Петр и Бара обменялись адресами и переписывались по электронной почте. Дружили. Петр несколько раз приезжал в Прагу. Хотел учиться вокалу после окончания института — он закончил историко-филологический факультет Российского государственного гуманитарного университета. Сейчас преподает на факультете историю театра.
В 2010 году молодые люди встретились в Милане. Петр работал в архиве Teatro Piccolo, готовил диплом. Барбора приехала к Пете и повидать родственников: большая часть ее семьи — итальянцы. Влюбленные ездили по Италии. Вокруг — великое искусство и итальянская весна…
— Мы очень насыщенно жили, — улыбается Барбора, у нее появляется ямочка на щеке. — Да и сейчас наша жизнь полна.
Тогда Петя ходил достаточно хорошо и быстро. Только по ступенькам ему было трудно подниматься. Я даже помню, как мы попросили в пражской галерее включить подъемник, а охранник нам не верил, что у Пети проблемы.
«Москва — мой любимый город»
Одиннадцать лет назад Барбора окончательно переехала в Москву, к Пете. Она стажировалась в Московской консерватории.
— Поженились, чтобы избавиться от всяких юридических формальностей, — смеется Барбора. — Сложно сначала было… Такой большой город по сравнению с Прагой. Непонятно ничего. Как куда-то доехать, как общаться. Но язык я благодаря Пете быстро выучила.
Барбора идеально говорит по-русски. А Петр выучил чешский. Дома с сыном они общаются на двух языках. Сын Петра и Барборы Андрей учится в русскоязычной школе, занимается музыкой, фортепиано и плаванием. Раз в полгода семья ездит в Прагу, навестить друзей, родственников и забрать лекарства для Барборы, которые чешское государство предоставляет ей бесплатно.
Вопрос, почему супруги не переедут жить в Чехию, Петра и Барбору возмущает.

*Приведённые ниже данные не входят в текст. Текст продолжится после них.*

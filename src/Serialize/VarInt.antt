-- ===== src/Serialize/VarInt.antt =====
-- WriteVarInt, ReadVarInt and GetSizeOfVarInt of src/serialize.h, on uint64.
use tetra.Prelude.{
  ℕ, zero, suc, ◌+◌, ◌-◌, ◌*◌, ◌/◌, ◌%◌, ◌^◌, ◌<◌, ◌≡◌, refl, List, [], ◌∷◌, ◌++◌, Option, none,
  some, arith, ltb, leb, if◌then◌else◌, length, ◌>>=◌,
}
use native.Mathlib.Nat.{pow-suc}

abbrev high_bit : List ℕ → ℕ
high_bit [] = 0
high_bit (d ∷ out) = 0x80

-- The digits as `tmp` holds them, the last that was put in first; `room` is what is left of `tmp`, and
-- `none` is a write behind its end.
unfoldable pub put_digits : ℕ → ℕ → List ℕ → Option (List ℕ)
put_digits zero n out = none
put_digits (suc room) n out =
    let next = (n % 128 + high_bit out) ∷ out in
    let rest = put_digits room (n / 128 - 1) next in if leb n 0x7f then some next else rest

-- The bytes of `tmp`, the last first. There are (64 + 6) / 7 of them.
unfoldable pub write_var_int : ℕ → Option (List ℕ)
write_var_int n = put_digits 10 n []

unfoldable pub size_loop : ℕ → ℕ → Option ℕ
size_loop zero n = none
size_loop (suc fuel) n =
    let rest = size_loop fuel (n / 128 - 1) in
    if leb n 0x7f then some 1 else rest >>= λ k. some (suc k)

unfoldable pub get_size_of_var_int : ℕ → Option ℕ
get_size_of_var_int n = size_loop 10 n

unfoldable pub read_digits : ℕ → List ℕ → Option (ℕ × List ℕ)
read_digits n [] = none
read_digits n (b ∷ s) =
    let m = (n * 128 + b % 128) % 2 ^ 64 in
    let rest = read_digits ((m + 1) % 2 ^ 64) s in if ltb b 0x80 then some (m, s) else rest

unfoldable pub read_var_int : List ℕ → Option (ℕ × List ℕ)
read_var_int s = read_digits 0 s

-- Reading the digits put in before those of `out` leaves the reader one above `n`.
read_digits-put_digits :
    (room n d : ℕ) (out rest : List ℕ)
    → n < 2 ^ 63
    → n + 1 < 128 ^ room
    → (put_digits room n (d ∷ out) >>= λ w. read_digits 0 (w ++ rest))
      ≡ read_digits (n + 1) ((d ∷ out) ++ rest)
unfolding put_digits read_digits
read_digits-put_digits zero n d out rest h k = ground arith
read_digits-put_digits (suc room) n d out rest h k =
    let next : 127 < n → n / 128 - 1 + 1 < 128 ^ room = λ big. omega (arith, pow-suc 128 room) in
    ground (arith, read_digits-put_digits room (n / 128 - 1) (n % 128 + 128) (d ∷ out) rest)

read_digits-put_first :
    (room n : ℕ) (rest : List ℕ)
    → n < 2 ^ 64
    → n + 1 < 128 ^ suc room
    → (put_digits (suc room) n [] >>= λ w. read_digits 0 (w ++ rest)) ≡ some (n, rest)
unfolding put_digits read_digits
read_digits-put_first room n rest h k =
    let next : 127 < n → n / 128 - 1 + 1 < 128 ^ room = λ big. omega (arith, pow-suc 128 room) in
    ground (arith, read_digits-put_digits room (n / 128 - 1) (n % 128 + 0) [] rest)

-- A number of 64 bits fits in `tmp`, and is read back from what is written, whatever follows it.
pub read_var_int-write_var_int :
    (n : ℕ) (rest : List ℕ)
    → n < 2 ^ 64
    → (write_var_int n >>= λ w. read_var_int (w ++ rest)) ≡ some (n, rest)
unfolding write_var_int read_var_int
read_var_int-write_var_int n rest h = read_digits-put_first 9 n rest h (omega arith)

length-put_digits :
    (room n : ℕ) (out : List ℕ)
    → (put_digits room n out >>= λ w. some (length w))
      ≡ (size_loop room n >>= λ k. some (k + length out))
unfolding put_digits size_loop
length-put_digits zero n out = refl
length-put_digits (suc room) n out =
    ground (arith, length-put_digits room (n / 128 - 1) ((n % 128 + high_bit out) ∷ out))

-- What WriteVarInt writes has the size that GetSizeOfVarInt announces.
length-write_var_int : (n : ℕ) → (write_var_int n >>= λ w. some (length w)) ≡ get_size_of_var_int n
unfolding write_var_int get_size_of_var_int
length-write_var_int n = ground (arith, length-put_digits 10 n [])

— Здесь вся моя жизнь, работа, мой дом, мой язык, мои студенты, — говорит Петр.
— Я правда люблю здесь жить, — замечает Барбора. — Москва — мой любимый город. Я люблю людей здесь. Совершенно другое отношение к жизни. Несмотря на то, что здесь больше проблем, чем в Чехии. Люди больше… включены. В Чехии люди формально вежливые, но на самом деле не включаются эмоционально. Все очень доброжелательно здесь к нам относятся. Мне кажется, лучше даже, чем в Чехии. Тут вообще общение более глубокое, чем в Чехии, даже с друзьями. В России образование намного лучше. Обычные люди больше знают, чем в Чехии.
Россия — это огромное государство. Чехия — небольшая страна. И мне непонятно... Прага точно не богаче Москвы. Но там людям со СМА дают лекарство, а здесь нет.
Когда родился Андрюша, супруги решали, кто будет приносить ему подарки на Новый год. Дед Мороз как в России или Ежишек — Младенец Иисус как в Чехии? Решили, что 24 декабря подарки будет приносить Ежишек, а 31 декабря Дед Мороз.
— Но у нас с Андрюшей сейчас только одна просьба и к Ежишеку, и к Деду Морозу, — говорит Барбора, — чтобы наш папа Петя получил лекарство, которое ему положено по закону.
У Барборы очень много работы. Она занимается музыкой, помогает певцам учить партии в чешских операх, возит сына в школу и на занятия и борется вместе с Петром с чиновниками департамента здравоохранения Москвы.
— Спасибо мужу за его психологию победителя, — говорит Барбора. — Раньше я так не умела. Я не понимаю, почему мы вынуждены писать о болезни чаще, чем о театре или музыке.
View this post on Instagram
Иногда Барбора и Петр записывают видео для «Инстаграма», отвечают на вопросы подписчиков.
Она в красном платье в горошек, он в рубашке в синюю полоску. Оба такие пронзительно яркие. Сидят с серьезными лицами. Потом смотрят друг на друга и начинают хихикать. Петр смеется: «Я как школьник сижу».
Жить поверх болезни
Диагноз «спинальная мышечная атрофия» Петру поставили, когда ему было девять лет.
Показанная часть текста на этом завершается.